What you are asked to do:
Below this line is a set of entries; quote exactly the lines from the line that contains "subst (λ c. All (IsLine" to the line that contains "-- A quote that", both lines included.

Dataset records
⟨

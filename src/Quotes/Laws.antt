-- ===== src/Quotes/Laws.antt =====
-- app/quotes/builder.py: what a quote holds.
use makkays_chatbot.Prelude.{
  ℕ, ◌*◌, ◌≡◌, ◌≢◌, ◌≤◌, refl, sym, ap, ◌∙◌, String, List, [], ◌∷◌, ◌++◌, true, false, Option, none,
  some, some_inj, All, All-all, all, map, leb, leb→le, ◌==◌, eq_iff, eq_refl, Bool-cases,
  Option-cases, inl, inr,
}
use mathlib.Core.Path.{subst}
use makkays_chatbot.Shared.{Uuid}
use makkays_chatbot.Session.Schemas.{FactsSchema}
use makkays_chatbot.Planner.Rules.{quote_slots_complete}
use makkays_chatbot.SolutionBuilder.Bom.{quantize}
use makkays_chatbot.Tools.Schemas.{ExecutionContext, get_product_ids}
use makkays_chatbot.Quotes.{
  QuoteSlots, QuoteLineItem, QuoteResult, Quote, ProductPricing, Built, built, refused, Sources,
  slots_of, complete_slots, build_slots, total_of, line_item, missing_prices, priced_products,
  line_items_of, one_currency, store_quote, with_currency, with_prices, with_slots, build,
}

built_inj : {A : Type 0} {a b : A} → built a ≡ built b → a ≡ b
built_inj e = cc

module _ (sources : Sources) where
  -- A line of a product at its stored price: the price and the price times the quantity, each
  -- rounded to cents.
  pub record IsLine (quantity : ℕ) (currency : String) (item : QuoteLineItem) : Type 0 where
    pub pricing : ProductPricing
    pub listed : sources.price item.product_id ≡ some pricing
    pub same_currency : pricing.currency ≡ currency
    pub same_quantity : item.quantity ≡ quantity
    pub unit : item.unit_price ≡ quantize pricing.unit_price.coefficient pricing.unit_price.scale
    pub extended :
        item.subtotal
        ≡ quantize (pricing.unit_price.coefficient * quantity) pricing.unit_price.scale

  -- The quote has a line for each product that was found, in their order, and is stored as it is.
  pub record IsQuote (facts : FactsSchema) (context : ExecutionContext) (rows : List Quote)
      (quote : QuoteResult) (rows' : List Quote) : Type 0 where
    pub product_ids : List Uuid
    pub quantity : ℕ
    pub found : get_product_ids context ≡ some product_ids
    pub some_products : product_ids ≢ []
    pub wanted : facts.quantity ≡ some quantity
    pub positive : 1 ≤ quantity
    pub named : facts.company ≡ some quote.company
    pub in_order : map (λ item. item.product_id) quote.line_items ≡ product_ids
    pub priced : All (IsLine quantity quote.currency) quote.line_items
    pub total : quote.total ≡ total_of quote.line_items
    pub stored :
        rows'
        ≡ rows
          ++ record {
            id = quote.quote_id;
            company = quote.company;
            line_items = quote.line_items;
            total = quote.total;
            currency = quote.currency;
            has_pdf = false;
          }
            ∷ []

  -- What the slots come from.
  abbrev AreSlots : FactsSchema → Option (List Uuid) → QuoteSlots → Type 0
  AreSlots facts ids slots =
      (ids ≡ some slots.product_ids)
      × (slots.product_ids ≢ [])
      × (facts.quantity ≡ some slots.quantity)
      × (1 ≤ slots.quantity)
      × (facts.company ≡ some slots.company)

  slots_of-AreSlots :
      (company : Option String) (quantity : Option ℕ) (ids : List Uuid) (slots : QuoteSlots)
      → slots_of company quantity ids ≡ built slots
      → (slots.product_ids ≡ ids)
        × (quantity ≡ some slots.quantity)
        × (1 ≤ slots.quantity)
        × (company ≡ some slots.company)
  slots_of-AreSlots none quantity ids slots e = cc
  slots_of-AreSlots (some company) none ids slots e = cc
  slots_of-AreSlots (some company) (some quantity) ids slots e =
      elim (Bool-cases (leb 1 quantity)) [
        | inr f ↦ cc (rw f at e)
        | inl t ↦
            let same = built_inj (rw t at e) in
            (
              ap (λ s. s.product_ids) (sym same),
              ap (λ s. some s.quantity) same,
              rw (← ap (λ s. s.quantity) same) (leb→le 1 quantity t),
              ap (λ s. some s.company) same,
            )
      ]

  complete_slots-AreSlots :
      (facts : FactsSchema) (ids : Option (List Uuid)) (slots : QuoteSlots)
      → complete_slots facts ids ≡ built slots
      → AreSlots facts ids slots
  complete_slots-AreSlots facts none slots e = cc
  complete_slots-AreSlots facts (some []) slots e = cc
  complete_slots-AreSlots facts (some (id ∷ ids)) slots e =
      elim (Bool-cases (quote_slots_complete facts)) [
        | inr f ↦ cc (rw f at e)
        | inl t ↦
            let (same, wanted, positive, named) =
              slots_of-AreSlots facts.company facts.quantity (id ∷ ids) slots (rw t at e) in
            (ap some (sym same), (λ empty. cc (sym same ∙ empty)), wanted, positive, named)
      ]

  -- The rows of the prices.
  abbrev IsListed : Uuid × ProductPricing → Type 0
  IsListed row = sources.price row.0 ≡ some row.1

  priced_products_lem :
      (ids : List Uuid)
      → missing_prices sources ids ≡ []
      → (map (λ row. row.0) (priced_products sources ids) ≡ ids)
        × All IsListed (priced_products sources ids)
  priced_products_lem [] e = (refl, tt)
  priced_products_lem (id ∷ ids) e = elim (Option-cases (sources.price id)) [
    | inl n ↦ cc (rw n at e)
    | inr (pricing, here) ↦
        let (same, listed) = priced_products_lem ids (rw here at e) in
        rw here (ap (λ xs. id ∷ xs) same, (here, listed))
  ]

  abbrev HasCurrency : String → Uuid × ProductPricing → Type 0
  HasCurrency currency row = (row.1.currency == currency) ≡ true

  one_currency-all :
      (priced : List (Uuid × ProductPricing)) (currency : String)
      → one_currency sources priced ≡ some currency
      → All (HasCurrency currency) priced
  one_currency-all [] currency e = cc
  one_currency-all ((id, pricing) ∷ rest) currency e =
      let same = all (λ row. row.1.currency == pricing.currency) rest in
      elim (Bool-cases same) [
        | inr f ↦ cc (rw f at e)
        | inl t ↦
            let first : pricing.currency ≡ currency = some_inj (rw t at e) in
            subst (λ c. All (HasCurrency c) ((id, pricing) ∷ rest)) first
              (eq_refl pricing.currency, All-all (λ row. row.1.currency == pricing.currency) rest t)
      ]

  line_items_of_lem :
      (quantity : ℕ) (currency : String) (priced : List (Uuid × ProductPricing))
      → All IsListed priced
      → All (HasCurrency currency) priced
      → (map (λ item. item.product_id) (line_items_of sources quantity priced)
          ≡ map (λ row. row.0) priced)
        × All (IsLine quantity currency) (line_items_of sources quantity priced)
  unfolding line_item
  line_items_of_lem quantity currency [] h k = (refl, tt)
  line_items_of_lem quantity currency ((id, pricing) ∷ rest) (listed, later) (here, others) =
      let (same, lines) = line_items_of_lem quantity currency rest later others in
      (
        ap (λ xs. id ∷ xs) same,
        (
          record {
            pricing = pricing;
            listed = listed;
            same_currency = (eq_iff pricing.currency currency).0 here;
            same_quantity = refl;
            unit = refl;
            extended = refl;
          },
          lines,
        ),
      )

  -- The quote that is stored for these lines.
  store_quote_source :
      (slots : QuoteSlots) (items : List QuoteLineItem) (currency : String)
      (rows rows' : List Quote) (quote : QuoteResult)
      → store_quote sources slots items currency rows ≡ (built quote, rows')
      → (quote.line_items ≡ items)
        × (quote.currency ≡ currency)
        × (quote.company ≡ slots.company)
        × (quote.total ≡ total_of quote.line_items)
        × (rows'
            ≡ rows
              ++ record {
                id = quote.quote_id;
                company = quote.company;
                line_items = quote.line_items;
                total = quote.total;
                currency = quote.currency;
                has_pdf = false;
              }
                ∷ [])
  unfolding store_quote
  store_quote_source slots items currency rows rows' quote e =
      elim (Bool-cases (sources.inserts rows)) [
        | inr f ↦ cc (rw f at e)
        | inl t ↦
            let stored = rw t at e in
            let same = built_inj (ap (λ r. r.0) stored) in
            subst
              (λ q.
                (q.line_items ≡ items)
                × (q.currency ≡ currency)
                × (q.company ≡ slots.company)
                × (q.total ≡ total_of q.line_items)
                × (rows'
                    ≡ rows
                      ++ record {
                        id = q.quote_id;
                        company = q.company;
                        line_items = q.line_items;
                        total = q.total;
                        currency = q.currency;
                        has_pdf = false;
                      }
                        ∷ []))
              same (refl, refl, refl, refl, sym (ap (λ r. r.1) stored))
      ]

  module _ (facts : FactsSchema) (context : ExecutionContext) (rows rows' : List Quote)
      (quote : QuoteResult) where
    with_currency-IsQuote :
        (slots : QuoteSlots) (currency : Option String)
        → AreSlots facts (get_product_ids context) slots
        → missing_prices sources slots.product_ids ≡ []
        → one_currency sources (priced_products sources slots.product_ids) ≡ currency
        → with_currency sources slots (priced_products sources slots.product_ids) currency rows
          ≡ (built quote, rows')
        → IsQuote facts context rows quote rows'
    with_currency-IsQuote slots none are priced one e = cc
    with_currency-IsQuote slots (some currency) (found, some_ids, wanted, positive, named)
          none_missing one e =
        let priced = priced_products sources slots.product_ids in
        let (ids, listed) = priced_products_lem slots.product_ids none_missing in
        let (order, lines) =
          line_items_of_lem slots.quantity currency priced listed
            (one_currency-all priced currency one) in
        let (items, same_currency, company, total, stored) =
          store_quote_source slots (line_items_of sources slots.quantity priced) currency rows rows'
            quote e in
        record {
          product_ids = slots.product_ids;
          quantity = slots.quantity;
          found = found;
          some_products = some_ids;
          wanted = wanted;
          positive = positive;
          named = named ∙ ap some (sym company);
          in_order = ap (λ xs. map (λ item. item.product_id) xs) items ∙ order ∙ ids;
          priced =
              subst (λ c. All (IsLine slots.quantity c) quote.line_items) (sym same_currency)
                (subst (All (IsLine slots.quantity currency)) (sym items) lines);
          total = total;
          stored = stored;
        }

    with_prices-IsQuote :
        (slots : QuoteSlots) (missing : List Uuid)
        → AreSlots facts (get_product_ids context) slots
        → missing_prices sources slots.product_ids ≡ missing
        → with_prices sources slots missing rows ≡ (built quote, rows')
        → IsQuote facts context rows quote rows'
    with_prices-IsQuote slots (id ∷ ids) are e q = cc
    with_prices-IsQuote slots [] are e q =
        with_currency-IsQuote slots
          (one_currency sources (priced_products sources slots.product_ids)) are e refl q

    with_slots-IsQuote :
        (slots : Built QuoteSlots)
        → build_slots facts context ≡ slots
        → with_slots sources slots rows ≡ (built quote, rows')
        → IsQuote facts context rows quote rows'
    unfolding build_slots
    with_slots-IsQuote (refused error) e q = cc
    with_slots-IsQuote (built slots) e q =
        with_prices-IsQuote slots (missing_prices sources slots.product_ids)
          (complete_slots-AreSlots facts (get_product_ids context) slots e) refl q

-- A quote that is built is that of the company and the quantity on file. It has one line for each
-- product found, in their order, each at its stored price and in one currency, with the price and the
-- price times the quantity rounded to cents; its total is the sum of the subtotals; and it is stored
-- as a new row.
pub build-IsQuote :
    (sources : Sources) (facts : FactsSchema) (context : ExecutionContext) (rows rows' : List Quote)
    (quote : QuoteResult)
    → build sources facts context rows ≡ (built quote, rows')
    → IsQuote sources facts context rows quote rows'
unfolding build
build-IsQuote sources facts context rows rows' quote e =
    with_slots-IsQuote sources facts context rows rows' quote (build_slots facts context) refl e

⟩
⟨

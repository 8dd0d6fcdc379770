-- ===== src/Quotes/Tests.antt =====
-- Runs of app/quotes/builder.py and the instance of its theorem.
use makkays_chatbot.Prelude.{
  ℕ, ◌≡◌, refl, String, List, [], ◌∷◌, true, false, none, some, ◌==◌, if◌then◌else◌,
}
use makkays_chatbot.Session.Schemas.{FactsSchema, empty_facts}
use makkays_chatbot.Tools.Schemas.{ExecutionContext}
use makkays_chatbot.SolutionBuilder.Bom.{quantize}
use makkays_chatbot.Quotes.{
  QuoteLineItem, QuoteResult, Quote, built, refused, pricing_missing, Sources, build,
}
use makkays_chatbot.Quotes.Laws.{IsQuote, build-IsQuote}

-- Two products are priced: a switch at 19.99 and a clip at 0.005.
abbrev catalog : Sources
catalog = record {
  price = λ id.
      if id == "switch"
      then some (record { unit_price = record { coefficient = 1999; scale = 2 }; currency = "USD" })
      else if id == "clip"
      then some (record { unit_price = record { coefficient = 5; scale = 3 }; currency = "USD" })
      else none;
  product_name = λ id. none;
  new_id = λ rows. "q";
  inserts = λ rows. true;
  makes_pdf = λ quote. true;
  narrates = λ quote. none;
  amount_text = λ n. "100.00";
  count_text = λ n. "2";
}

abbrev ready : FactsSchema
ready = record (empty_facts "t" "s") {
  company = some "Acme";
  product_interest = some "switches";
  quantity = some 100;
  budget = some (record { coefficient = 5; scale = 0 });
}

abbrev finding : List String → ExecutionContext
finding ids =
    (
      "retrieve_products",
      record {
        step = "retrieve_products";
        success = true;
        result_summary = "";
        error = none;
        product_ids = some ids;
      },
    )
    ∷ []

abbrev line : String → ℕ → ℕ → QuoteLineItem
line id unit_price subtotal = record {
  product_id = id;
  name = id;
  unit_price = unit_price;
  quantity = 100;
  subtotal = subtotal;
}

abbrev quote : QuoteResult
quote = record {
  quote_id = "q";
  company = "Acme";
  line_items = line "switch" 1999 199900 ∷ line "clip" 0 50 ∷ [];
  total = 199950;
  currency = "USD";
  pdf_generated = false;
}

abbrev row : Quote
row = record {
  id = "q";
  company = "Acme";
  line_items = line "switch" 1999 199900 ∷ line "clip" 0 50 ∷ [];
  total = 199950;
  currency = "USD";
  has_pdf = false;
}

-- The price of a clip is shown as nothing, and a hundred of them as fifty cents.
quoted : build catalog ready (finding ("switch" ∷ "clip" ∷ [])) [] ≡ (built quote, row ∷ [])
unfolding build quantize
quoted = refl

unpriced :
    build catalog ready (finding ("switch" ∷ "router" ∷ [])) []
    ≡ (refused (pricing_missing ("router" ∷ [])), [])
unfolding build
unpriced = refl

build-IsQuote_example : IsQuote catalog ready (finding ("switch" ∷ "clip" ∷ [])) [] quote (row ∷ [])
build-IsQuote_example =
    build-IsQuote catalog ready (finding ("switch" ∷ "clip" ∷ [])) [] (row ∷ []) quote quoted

⟩

Your response:
              subst (λ c. All (IsLine slots.quantity c) quote.line_items) (sym same_currency)
                (subst (All (IsLine slots.quantity currency)) (sym items) lines);
          total = total;
          stored = stored;
        }

    with_prices-IsQuote :
        (slots : QuoteSlots) (missing : List Uuid)
        → AreSlots facts (get_product_ids context) slots
        → missing_prices sources slots.product_ids ≡ missing
        → with_prices sources slots missing rows ≡ (built quote, rows')
        → IsQuote facts context rows quote rows'
    with_prices-IsQuote slots (id ∷ ids) are e q = cc
    with_prices-IsQuote slots [] are e q =
        with_currency-IsQuote slots
          (one_currency sources (priced_products sources slots.product_ids)) are e refl q

    with_slots-IsQuote :
        (slots : Built QuoteSlots)
        → build_slots facts context ≡ slots
        → with_slots sources slots rows ≡ (built quote, rows')
        → IsQuote facts context rows quote rows'
    unfolding build_slots
    with_slots-IsQuote (refused error) e q = cc
    with_slots-IsQuote (built slots) e q =
        with_prices-IsQuote slots (missing_prices sources slots.product_ids)
          (complete_slots-AreSlots facts (get_product_ids context) slots e) refl q

-- A quote that is built is that of the company and the quantity on file. It has one line for each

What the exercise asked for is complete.